202 subjects considered as normal by clinical and electrocardiographic examinations were studied. Their age (I) was 38 +/- 13 years (average +/- 1 SD), being 125 male and 77 female. The electrocardiogram (ECG), phonocardiogram, ACG and carotid arterial pulse tracing (PC) were simultaneously recorded. The following intervals were determined: Electromechanical (IEM)--from the onset of QRS complex of the ECG to the ascending branch of the great wave of the ACG (A point); mechanical systole (SM)--from the A point of the ACG to the beginning of first high frequency vibration of the aortic component of the second heart sound (S2); ejection period (FE)--from the beginning of the anacrotic branch of the PC to the nadir of its dicrotic notch (ID); isovolumic contraction time (FIS)--subtracting FE duration to the SM duration; S2O interval--since S2 to the O point (nadir) of the ACG; Aa%--relation percentage expressed between a wave amplitude and total amplitude of the ACG; pulse transmission time--since S2 to ID. Statistically significant correlations (p less than 0.05) between I (years expressed) and the previously mentioned variables were investigated.
It was possible to verify: a) the IEM and FIS intervals were not significantly correlated with I; b) the FE had a linear, positive and significant correlation with I (r = 0.222); c) the correlations between FE and heart rate (FC) were not significantly different between the considered age groups (14-34, 35-49, 50-69 years); d) the S2O interval had a linear, negative and significant correlation with FC (r = -0.196), and a linear, positive and significant correlation with I (r = 0.392); e) multiple regression equation between S2O, I and FC was: S2O = 70 - 0.36 x FC + 0.55 x I; f) the Aa% had a linear, positive and significant correlation with I (r = 0.252); g) TTP has a linear, negative and significant correlation with I (r = -0.793).

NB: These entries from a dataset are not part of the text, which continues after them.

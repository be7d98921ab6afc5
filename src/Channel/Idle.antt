-- ===== src/Channel/Idle.antt =====
-- A channel of engin/channel.hpp for which nobody waits: its reads and writes are those of a list.
use chroutine.Prelude.{
  ℕ, ◌+◌, ◌-◌, ◌%◌, ◌<◌, ◌≡◌, refl, Bool, true, false, List, [], ◌∷◌, ◌++◌, length, ltb, subst,
  arith,
}
use chroutine.Channel.{
  Caller, Channel, Outcome, store, done, advance, update, write, put, read, refill, readable,
  writable,
}
use chroutine.Channel.Ring.{contents, contents-take, contents-put_at, length-contents}
use chroutine.Channel.Valid.{IsValid, write-IsValid, unlocked_advance-IsValid}

-- The elements of a channel, the oldest first.
abbrev pub items : {T : Type 0} → Channel T → List T
items c = contents c.data_array c.max_size c.r_index c.unread

module _ {T : Type 0} where
  pub record IsIdle (c : Channel T) : Type 0 where
    pub valid : IsValid c
    pub open_ : c.locked ≡ false
    pub no_writer : c.waiting_write_que ≡ []
    pub no_reader : c.waiting_read_que ≡ []

  pub length-items : (c : Channel T) → length (items c) ≡ c.unread
  length-items c = length-contents c.data_array c.max_size c.r_index c.unread

  -- The channel behind a write, and behind a read.
  abbrev pub added : T → Channel T → Channel T
  added v c = record c {
    data_array = update c.data_array c.w_index v;
    unread = c.unread + 1;
    w_index = (c.w_index + 1) % c.max_size;
    locked = false;
  }

  abbrev pub one_less : Channel T → Channel T
  one_less c = record (advance c) { locked = false }

  module _ (self : Caller) (try_ : Bool) (c : Channel T) (idle : IsIdle c) where
    pub write-room :
        (v : T) → c.unread < c.max_size → write self v try_ c ≡ done true (added v c) []
    unfolding write put writable
    write-room v room =
        let not_full : ltb (c.max_size - c.unread) 1 ≡ false = ground arith in
        simp (idle.open_, not_full, idle.no_reader) refl

    pub items-added : (v : T) → c.unread < c.max_size → items (added v c) ≡ items c ++ v ∷ []
    items-added v room =
        contents-put_at c.data_array c.max_size c.r_index c.unread v idle.valid.r_in room
          idle.valid.w_at

    pub added-IsIdle : (v : T) → c.unread < c.max_size → IsIdle (added v c)
    added-IsIdle v room = record {
      valid =
          subst (λ (o : Outcome T). IsValid o.channel) (write-room v room)
            (write-IsValid self v try_ idle.valid);
      open_ = refl;
      no_writer = idle.no_writer;
      no_reader = idle.no_reader;
    }

    pub read-some :
        (out_ptr : ℕ)
        → 0 < c.unread
        → read self out_ptr try_ c
          ≡ done true (one_less c) (store out_ptr (c.data_array c.r_index) ∷ [])
    unfolding read readable refill
    read-some out_ptr some_there =
        let full : ltb c.unread 1 ≡ false = ground arith in
        simp (idle.open_, full, idle.no_writer) refl

    pub items-one_less : 0 < c.unread → items c ≡ c.data_array c.r_index ∷ items (one_less c)
    items-one_less some_there =
        contents-take c.data_array c.max_size c.r_index c.unread idle.valid.r_in some_there

    pub one_less-IsIdle : 0 < c.unread → IsIdle (one_less c)
    one_less-IsIdle some_there = record {
      valid = unlocked_advance-IsValid idle.valid some_there;
      open_ = refl;
      no_writer = idle.no_writer;
      no_reader = idle.no_reader;
    }
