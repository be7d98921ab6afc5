-- ===== src/Channel/Reading.antt =====
-- What `read` of engin/channel.hpp does when it may not block, and when it waits for one write.
use chroutine.Prelude.{ℕ, ◌<◌, ◌≡◌, refl, true, false, [], ◌∷◌, arith, ltb, ◌-◌}
use chroutine.Channel.{
  Caller, Channel, store, awake, done, advance, write, read, reset, put, refill, readable, writable,
  enqueue_reader,
}

module _ {ℓ} {T : Type ℓ} (self : Caller) (out_ptr : ℕ) (c : Channel T) where
  pub try_read-empty : c.locked ≡ false → c.unread ≡ 0 → read self out_ptr true c ≡ done false c []
  unfolding read readable
  try_read-empty open_ none_there = simp (open_, none_there) refl

  pub try_read-some :
      c.locked ≡ false
      → 0 < c.unread
      → c.waiting_write_que ≡ []
      → read self out_ptr true c
        ≡ done true
            (record (advance c) { locked = false })
            (store out_ptr (c.data_array c.r_index) ∷ [])
  unfolding read readable refill
  try_read-some open_ some_there nobody =
      let full : ltb c.unread 1 ≡ false = ground arith in simp (open_, full, nobody) refl

  abbrev pub cleared : Channel T
  cleared = record c { w_index = 0; r_index = 0; unread = 0; waiting_read_que = []; locked = false }

  -- On a channel that is reset and then read, the next write goes straight to the reader.
  pub reset-read-write :
      (other : Caller) (v : T)
      → c.locked ≡ false
      → c.waiting_read_que ≡ []
      → 0 < c.max_size
      → write other v false (read self out_ptr false (reset c).channel).channel
        ≡ done true cleared (store out_ptr v ∷ awake self ∷ [])
  unfolding write put writable read reset enqueue_reader readable
  reset-read-write other v open_ nobody room =
      let not_full : ltb (c.max_size - 0) 1 ≡ false = ground arith in
      simp (open_, nobody, not_full) refl
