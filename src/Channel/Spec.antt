-- ===== src/Channel/Spec.antt =====
-- What engin/channel.hpp promises: a queue of at most `cap` elements, with the chroutines that wait
-- at either end and the lock. No ring, no indices.
pub mod Refine
pub mod Fifo
use chroutine.Prelude.{ℕ, Bool, true, false, List, [], ◌∷◌, ◌++◌, length, leb, if◌then◌else◌}
use chroutine.Channel.{
  Caller, WriteContext, ReadContext, Effect, store, awake, Reply, returns, holds, spins, Channel,
  Outcome, Call, writes, reads, resets,
}
use chroutine.Channel.Ring.{contents}

pub record Queue {ℓ} (T : Type ℓ) : Type ℓ where
  pub cap : ℕ
  pub items : List T
  pub writers : List (WriteContext T)
  pub readers : List ReadContext
  pub locked : Bool

pub record Result {ℓ} (T : Type ℓ) : Type ℓ where
  pub reply : Reply
  pub queue : Queue T
  pub effects : List (Effect T)

module _ {ℓ} {T : Type ℓ} where
  abbrev pub view : Channel T → Queue T
  view c = record {
    cap = c.max_size;
    items = contents c.data_array c.max_size c.r_index c.unread;
    writers = c.waiting_write_que;
    readers = c.waiting_read_que;
    locked = c.locked;
  }

  abbrev pub view_outcome : Outcome T → Result T
  view_outcome o = record { reply = o.reply; queue = view o.channel; effects = o.effects }

  abbrev result : Reply → Queue T → List (Effect T) → Result T
  result r q es = record { reply = r; queue = q; effects = es }

  put : List ReadContext → T → Queue T → Result T
  put [] x q = result (returns true) (record q { items = q.items ++ x ∷ [] }) []
  put (context ∷ others) x q =
      result (returns true) (record q { readers = others })
        (store context.out_ptr x ∷ awake context.caller ∷ [])

  -- A write into a full queue is refused or waits; else the longest waiting reader gets the
  -- element, or it is appended.
  pub write : Caller → T → Bool → Queue T → Result T
  unfolding put
  write self x try_ q =
      if q.locked
      then result spins q []
      else if leb q.cap (length q.items)
      then (if try_
          then result (returns false) q []
          else result holds
              (record q { writers = q.writers ++ record { caller = self; in_data = x } ∷ [] }) [])
      else put q.readers x q

  -- With a writer waiting the lock is never released.
  finish : List (WriteContext T) → Queue T → List (Effect T) → Result T
  finish [] q es = result (returns true) q es
  finish (w ∷ others) q es = result spins (record q { locked = true }) es

  take_front : List T → Caller → ℕ → Bool → Queue T → Result T
  unfolding finish
  take_front [] self out_ptr try_ q =
      if try_
      then result (returns false) q []
      else result holds
          (record q { readers = q.readers ++ record { caller = self; out_ptr = out_ptr } ∷ [] }) []
  take_front (x ∷ rest) self out_ptr try_ q =
      finish q.writers (record q { items = rest }) (store out_ptr x ∷ [])

  -- A read of an empty queue is refused or waits; else it takes the oldest element.
  pub read : Caller → ℕ → Bool → Queue T → Result T
  unfolding take_front
  read self out_ptr try_ q =
      if q.locked then result spins q [] else take_front q.items self out_ptr try_ q

  pub reset : Queue T → Result T
  reset q =
      if q.locked then result spins q [] else result (returns true) (record q { items = [] }) []

  pub step : Queue T → Call T → Result T
  unfolding write read reset
  step q (writes self x try_) = write self x try_ q
  step q (reads self out_ptr try_) = read self out_ptr try_ q
  step q resets = reset q

  pub after : Queue T → List (Call T) → Queue T
  after q [] = q
  after q (call ∷ calls) = after (step q call).queue calls

  pub trace : Queue T → List (Call T) → List (Reply × List (Effect T))
  trace q [] = []
  trace q (call ∷ calls) = let r = step q call in (r.reply, r.effects) ∷ trace r.queue calls
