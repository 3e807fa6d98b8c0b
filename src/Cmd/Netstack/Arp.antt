-- ===== src/Cmd/Netstack/Arp.antt =====
-- src/cmd/netstack/arp.c, and ether_start of ether.c: the ARP cache, requests and replies. A `mac_t` is a
-- list of six bytes, and a frame is the bytes that `ether_finish` writes.
pub mod Cache
pub mod Resolve
mod Tests
use camellia.Base.{
  ℕ, zero, suc, ◌+◌, ◌-◌, ◌^◌, List, [], ◌∷◌, ◌++◌, Bool, true, false, ◌&&◌, ◌||◌, not, Option,
  none, some, ltb, ◌==◌, if◌then◌else◌, length, take, drop,
}
use camellia.Cmd.Netstack.Util.{nput16, nput32, byte, nget16, nget32, write_at}

-- the part of `struct net_state` that is used here
pub record NetState : Type 0 where
  pub mac : List ℕ
  pub ip : ℕ

pub record Arpc : Type 0 where
  pub ip : ℕ
  pub mac : List ℕ

-- memcmp(x, y, n) == 0
unfoldable pub same_bytes : (n : ℕ) (x y : List ℕ) → Bool
same_bytes zero x y = true
same_bytes (suc n) x y = byte x 0 == byte y 0 && same_bytes n (drop 1 x) (drop 1 y)

-- the entry where the loop of arpcache_put stops
unfoldable pub find_mac : List ℕ → List Arpc → Option Arpc
find_mac mac [] = none
find_mac mac (e ∷ cache) =
    let rest = find_mac mac cache in if same_bytes 6 e.mac mac then some e else rest

-- the cache after a put, when the loop stopped at `found`
unfoldable pub put_after : (found : Option Arpc) → List Arpc → (ip : ℕ) (mac : List ℕ) → List Arpc
put_after none cache ip mac = record { ip = ip; mac = take 6 mac } ∷ cache
put_after (some e) cache ip mac =
    if e.ip == ip then cache else record { ip = ip; mac = take 6 mac } ∷ cache

unfoldable pub arpcache_put : List Arpc → (ip : ℕ) (mac : List ℕ) → List Arpc
arpcache_put cache ip mac = put_after (find_mac mac cache) cache ip mac

-- the MAC, or none for -1
unfoldable pub arpcache_get : (ip : ℕ) → List Arpc → Option (List ℕ)
arpcache_get ip [] = none
arpcache_get ip (e ∷ cache) =
    let rest = arpcache_get ip cache in if e.ip == ip then some e.mac else rest

abbrev pub zeros : ℕ → List ℕ
zeros zero = []
zeros (suc n) = 0 ∷ zeros n

-- the header and the zeros behind it; `pkt` is 14 bytes in
unfoldable pub ether_start : (len : ℕ) (dst src : List ℕ) (type : ℕ) → List ℕ
ether_start len dst src type =
    take 6 dst ++ take 6 src ++ nput16 type ++ zeros (if ltb len (60 - 14) then 60 - 14 else len)

abbrev pub mac_broadcast : List ℕ
mac_broadcast = 255 ∷ 255 ∷ 255 ∷ 255 ∷ 255 ∷ 255 ∷ []

-- ET_IPv4 and ET_ARP
abbrev pub et_ipv4 : ℕ
et_ipv4 = 2048

abbrev pub et_arp : ℕ
et_arp = 2054

-- the packet of `state` with an operation, to the MAC and IP in the ten bytes `target`
unfoldable pub arp_packet : NetState → (frame : List ℕ) (op : ℕ) (target : List ℕ) → List ℕ
arp_packet state frame op target =
    let pkt = write_at frame 14 (nput16 1) in
    let pkt = write_at pkt 16 (nput16 et_ipv4) in
    let pkt = write_at pkt 18 (6 ∷ 4 ∷ []) in
    let pkt = write_at pkt 20 (nput16 op) in
    let pkt = write_at pkt 22 (take 6 state.mac) in
    let pkt = write_at pkt 28 (nput32 state.ip) in write_at pkt 32 target

unfoldable pub arp_request : NetState → (ip : ℕ) → List ℕ
arp_request state ip =
    arp_packet state (ether_start 28 mac_broadcast state.mac et_arp) 1 (mac_broadcast ++ nput32 ip)

-- the reply to the sender in `buf`
unfoldable pub arp_reply : NetState → (buf : List ℕ) → List ℕ
arp_reply state buf =
    arp_packet state (ether_start 30 (drop 8 buf) state.mac et_arp) 2 (take 10 (drop 8 buf))

-- the cache, and the frame that is sent
unfoldable pub arp_parse : NetState → List Arpc → (buf : List ℕ) → List Arpc × Option (List ℕ)
arp_parse state cache buf =
    if ltb (length buf) 8
      || not (nget16 buf 0 == 1 && nget16 buf 2 == et_ipv4)
      || ltb (length buf) 28
    then (cache, none)
    else (
      arpcache_put cache (nget32 buf 14) (drop 8 buf),
      (if nget16 buf 6 == 1 && nget32 buf 24 == state.ip then some (arp_reply state buf) else none),
    )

a) The FE increases with I related probably to the afterload increasing that follows aging process; b) the S2O interval increases with I reflecting the elongation of the relaxing time that is associated to the senescence; c) the Aa% increases with I, expressing the reduction of the compliance of the VE associated to the aging; d) the TTP decreases with I related to the increasing of velocity of the pulse wave that follows senescence and is attributed to the increasing of the aortic stiffness.
评估年龄(I)对正常个体左心室(VE)收缩时间间期、S2O间期、脉搏传播时间(TTP)以及心尖搏动图(ACG)a波相对振幅(Aa%)的影响。
对202名经临床和心电图检查判定为正常的受试者进行研究。他们的年龄(I)为38±13岁(平均±1标准差),其中男性125名,女性77名。同时记录心电图(ECG)、心音图、ACG和颈动脉脉搏描记图(PC)。测定以下间期:机电间期(IEM)——从ECG的QRS波群起始点至ACG大波波峰上升支(A点);机械收缩期(SM)——从ACG的A点至第二心音主动脉成分的首次高频振动起始点(S2);射血期(FE)——从PC上升支起始点至其重搏波切迹最低点(ID);等容收缩时间(FIS)——用SM持续时间减去FE持续时间;S2O间期——从S2至ACG的O点(最低点);Aa%——a波振幅与ACG总振幅的关系百分比;脉搏传播时间——从S2至ID。研究I(以年表示)与上述变量之间具有统计学意义的相关性(p<0.05)。
可以证实:a)IEM和FIS间期与I无显著相关性;b)FE与I呈线性、正性且显著的相关性(r = 0.222);c)在各考虑的年龄组(14 - 34岁、35 - 49岁、50 - 69岁)中,FE与心率(FC)之间的相关性无显著差异;d)S2O间期与FC呈线性、负性且显著的相关性(r = -0.196),与I呈线性、正性且显著的相关性(r = 0.392);e)S2O、I和FC之间的多元回归方程为:S2O = 70 - 0.36×FC + 0.55×I;f)Aa%与I呈线性、正性且显著的相关性(r = 0.252);g)TTP与I呈线性、负性且显著的相关性(r = -0.793)。
a)FE随I增加,可能与衰老过程中后负荷增加有关;b)S2O间期随I增加,反映了与衰老相关的舒张时间延长;c)Aa%随I增加,表明与衰老相关的VE顺应性降低;d)TTP随I降低,与衰老后脉搏波速度增加有关,这归因于主动脉僵硬度增加。